SAN Monitor Procedures

Quick link to section:



Generic Services
PING     Description:
Critical message. Host/Ctlr is not responding to ping request. It may be failed, down or non-operational.

Action:
Contact on-call person.



Disk Services
Failed_Drive     Description:
Non-critical message. A drive in a RAID5 disk set has failed, it will automatically be replaced by a hot spare.

Action:
If necessary, silence any auditory alarms.
Disk_Ctlr_Failed     Description:
Critical message. A disk controller has been failed, I/O may be restricted or unavailable.

Action:
Contact on-call person.
Disk_Ctlr_State_Change     Description:
Critical message.

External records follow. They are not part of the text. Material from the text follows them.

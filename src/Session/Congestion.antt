-- ===== src/Session/Congestion.antt =====
-- src/session/mod.rs: how much a session may have in flight, and how fast it sends. The record has the
-- fields of `Session` that these functions read and write; durations and instants are nanoseconds.
pub mod Window
pub mod Samples
mod Tests
use raknet_rust.Common.{
  ℕ, ◌+◌, ◌-◌, ◌*◌, ◌/◌, ◌^◌, min, Bool, true, false, not, ◌&&◌, ltb, leb, if◌then◌else◌, Option,
  none, some,
}
use raknet_rust.Common.Floats.{Floats}

pub record Congestion (F : Type 0) : Type 0 where
  pub resend_rto : ℕ
  pub min_resend_rto : ℕ
  pub max_resend_rto : ℕ
  pub srtt_ms : Option F
  pub rttvar_ms : F
  pub congestion_window_packets : F
  pub min_congestion_window_packets : F
  pub max_congestion_window_packets : F
  pub slow_start_threshold_packets : F
  pub congestion_additive_gain : F
  pub congestion_multiplicative_decrease_nack : F
  pub congestion_multiplicative_decrease_timeout : F
  pub high_rtt_threshold_ms : F
  pub high_rtt_additive_scale : F
  pub nack_loss_backoff_cooldown : ℕ
  pub next_nack_loss_backoff : ℕ
  pub pacing_enabled : Bool
  pub pacing_gain : F
  pub pacing_min_rate_bytes_per_sec : F
  pub pacing_max_rate_bytes_per_sec : F
  pub pacing_budget_max_bytes : F
  pub pacing_budget_bytes : F
  pub pacing_rate_bytes_per_sec : F
  pub last_pacing_update : ℕ

-- `Duration::as_secs_f64` and `Duration::from_secs_f64`, whose rounding is that of the language.
pub record Seconds (F : Type 0) : Type 0 where
  pub as_secs_f64 : ℕ → F
  pub from_secs_f64 : F → ℕ

-- Seconds in thousandths, for the tests.
instance abbrev pub nanoseconds : Seconds ℕ
nanoseconds = record { as_secs_f64 = λ ns. ns / 1_000_000; from_secs_f64 = λ x. x * 1_000_000 }

-- `Duration::MAX`.
abbrev max_duration : ℕ
max_duration = (2 ^ 64 - 1) * 1_000_000_000 + 999_999_999

module _ {F : Type 0} ⦃d : Floats F⦄ where
  -- In how many packets the window may be raised for one datagram that arrived.
  abbrev slow_start_gain : Congestion F → F
  slow_start_gain c =
      if d.lt c.congestion_window_packets c.slow_start_threshold_packets
      then d.fmax c.congestion_additive_gain (d.decimal 1 0)
      else d.div c.congestion_additive_gain (d.fmax c.congestion_window_packets (d.decimal 1 0))

  abbrev is_high_rtt : Congestion F → Bool
  is_high_rtt c = elim c.srtt_ms [ none ↦ false | some srtt ↦ d.le c.high_rtt_threshold_ms srtt ]

  abbrev additive_gain : Congestion F → F
  additive_gain c =
      if is_high_rtt c
      then d.mul (slow_start_gain c) c.high_rtt_additive_scale
      else slow_start_gain c

  unfoldable pub on_reliable_ack : Congestion F → Congestion F
  on_reliable_ack c = record c {
    congestion_window_packets =
        d.clamp (d.add c.congestion_window_packets (d.fmax (additive_gain c) (d.decimal 1 3)))
          c.min_congestion_window_packets c.max_congestion_window_packets;
  }

  unfoldable pub apply_loss_backoff : Congestion F → F → Congestion F
  apply_loss_backoff c factor =
      let reduced =
        d.clamp
          (d.mul c.congestion_window_packets (d.clamp factor (d.decimal 1 1) (d.decimal 99 2)))
          c.min_congestion_window_packets c.max_congestion_window_packets in
      record c { slow_start_threshold_packets = reduced; congestion_window_packets = reduced }

  unfoldable pub on_timeout : Congestion F → ℕ → Congestion F
  on_timeout c now =
      let c = apply_loss_backoff c c.congestion_multiplicative_decrease_timeout in
      record c {
        resend_rto = min (min (c.resend_rto * 2) max_duration) c.max_resend_rto;
        next_nack_loss_backoff = now + c.nack_loss_backoff_cooldown;
      }

  unfoldable pub on_nack_loss : Congestion F → ℕ → Congestion F
  on_nack_loss c now =
      let backed = apply_loss_backoff c c.congestion_multiplicative_decrease_nack in
      if ltb now c.next_nack_loss_backoff
      then c
      else record backed { next_nack_loss_backoff = now + c.nack_loss_backoff_cooldown }

  unfoldable pub can_emit_new_reliable_datagram : Congestion F → ℕ → Bool
  can_emit_new_reliable_datagram c in_flight =
      d.lt (d.of_nat in_flight) (d.floor (d.fmax c.congestion_window_packets (d.decimal 1 0)))

module _ {F : Type 0} ⦃d : Floats F⦄ ⦃t : Seconds F⦄ where
  -- `as_secs_f64() * 1000.0`.
  abbrev millis : ℕ → F
  millis ns = d.mul (t.as_secs_f64 ns) (d.decimal 1000 0)

  unfoldable pub rto_from_rtt : Congestion F → F → ℕ
  rto_from_rtt c srtt = t.from_secs_f64 (
      d.div
        (d.clamp (d.add srtt (d.fmax (d.mul (d.decimal 4 0) c.rttvar_ms) (d.decimal 10 0)))
          (millis c.min_resend_rto) (millis c.max_resend_rto))
        (d.decimal 1000 0))

  unfoldable pub recompute_rto_from_rtt : Congestion F → Congestion F
  recompute_rto_from_rtt c = elim c.srtt_ms [
    | none ↦ c
    | some srtt ↦ record c { resend_rto = rto_from_rtt c srtt }
  ]

  -- The first sample, and the weighted mean of the samples.
  unfoldable pub smooth_rtt : Congestion F → F → Option F → Congestion F
  smooth_rtt c sample none = record c {
    srtt_ms = some sample;
    rttvar_ms = d.div sample (d.decimal 2 0);
  }
  smooth_rtt c sample (some srtt) =
      let alpha = d.decimal 125 3 in
      let beta = d.decimal 25 2 in
      let one = d.decimal 1 0 in
      record c {
        rttvar_ms =
            d.add (d.mul (d.sub one beta) c.rttvar_ms) (d.mul beta (d.abs (d.sub srtt sample)));
        srtt_ms = some (d.add (d.mul (d.sub one alpha) srtt) (d.mul alpha sample));
      }

  unfoldable pub observe_rtt_sample : Congestion F → ℕ → Congestion F
  observe_rtt_sample c sample =
      recompute_rto_from_rtt (smooth_rtt c (d.fmax (millis sample) (d.decimal 1 0)) c.srtt_ms)

  abbrev reference_rtt_ms : Congestion F → F
  reference_rtt_ms c = elim c.srtt_ms [
    | some srtt ↦ srtt
    | none ↦ d.fmax (millis c.resend_rto) (d.decimal 1 0)
  ]

  unfoldable pub compute_pacing_rate_bytes_per_sec : Congestion F → ℕ → F
  compute_pacing_rate_bytes_per_sec c mtu =
      let rtt_secs = d.div (d.fmax (reference_rtt_ms c) (d.decimal 1 0)) (d.decimal 1000 0) in
      let cwnd_bytes = d.mul (d.fmax c.congestion_window_packets (d.decimal 1 0)) (d.of_nat mtu) in
      if not c.pacing_enabled
      then d.infinity
      else d.clamp (d.mul (d.div cwnd_bytes rtt_secs) c.pacing_gain) c.pacing_min_rate_bytes_per_sec
          c.pacing_max_rate_bytes_per_sec

  unfoldable pub refresh_pacing_budget : Congestion F → ℕ → ℕ → Congestion F
  refresh_pacing_budget c mtu now =
      let elapsed = t.as_secs_f64 (now - c.last_pacing_update) in
      let rate = compute_pacing_rate_bytes_per_sec c mtu in
      let timed = record c { last_pacing_update = now; pacing_rate_bytes_per_sec = rate } in
      if not c.pacing_enabled
      then c
      else if d.lt (d.decimal 0 0) elapsed
      then record timed {
        pacing_budget_bytes =
            d.clamp (d.add c.pacing_budget_bytes (d.mul elapsed rate)) (d.decimal 0 0)
              c.pacing_budget_max_bytes;
      }
      else timed

module _ {F : Type 0} ⦃d : Floats F⦄ where
  unfoldable pub consume_pacing_budget : Congestion F → ℕ → Congestion F
  consume_pacing_budget c bytes = if not c.pacing_enabled then c else record c {
    pacing_budget_bytes = d.fmax (d.sub c.pacing_budget_bytes (d.of_nat bytes)) (d.decimal 0 0);
  }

A disk controller is no longer operating in optimal mode.

Action:
Contact on-call person.
Disk_Volume_Degraded     Description:
Warning message. A lun or raid5 volume is in a failover state (no hot spares available).

Action:
If necessary, silence any auditory alarms.



Switch Services
Switch_Ctlr_Failed     Description:
Warning message. An alternate or failover CP has failed or rebooted. High Availability code will keep I/O going.

Action:
Contact on-call person.
Switch_Kernel_Panic     Description:
Critical message. Switch or controller has rebooted. May affect I/O.

Action:
Contact on-call person.
Switch_Port_Failed     Description:
Critical message. Hardware problem on a specific port. I/O will be unavailable for the attached devices.

Action:
Contact on-call person.
Switch_Trunk_Failed     Description:
Critical message. An inter switch link has failed. I/O bandwidth will be reduced or unavailable. Fabric may be segmented.

Action:
Contact on-call person.



Errata / Notes

If a service problem name is not defined above, then you don't need to worry about it. You can feel free to acknowledge it to signify to other TMG shifts that the problem has been noticed and requires no action.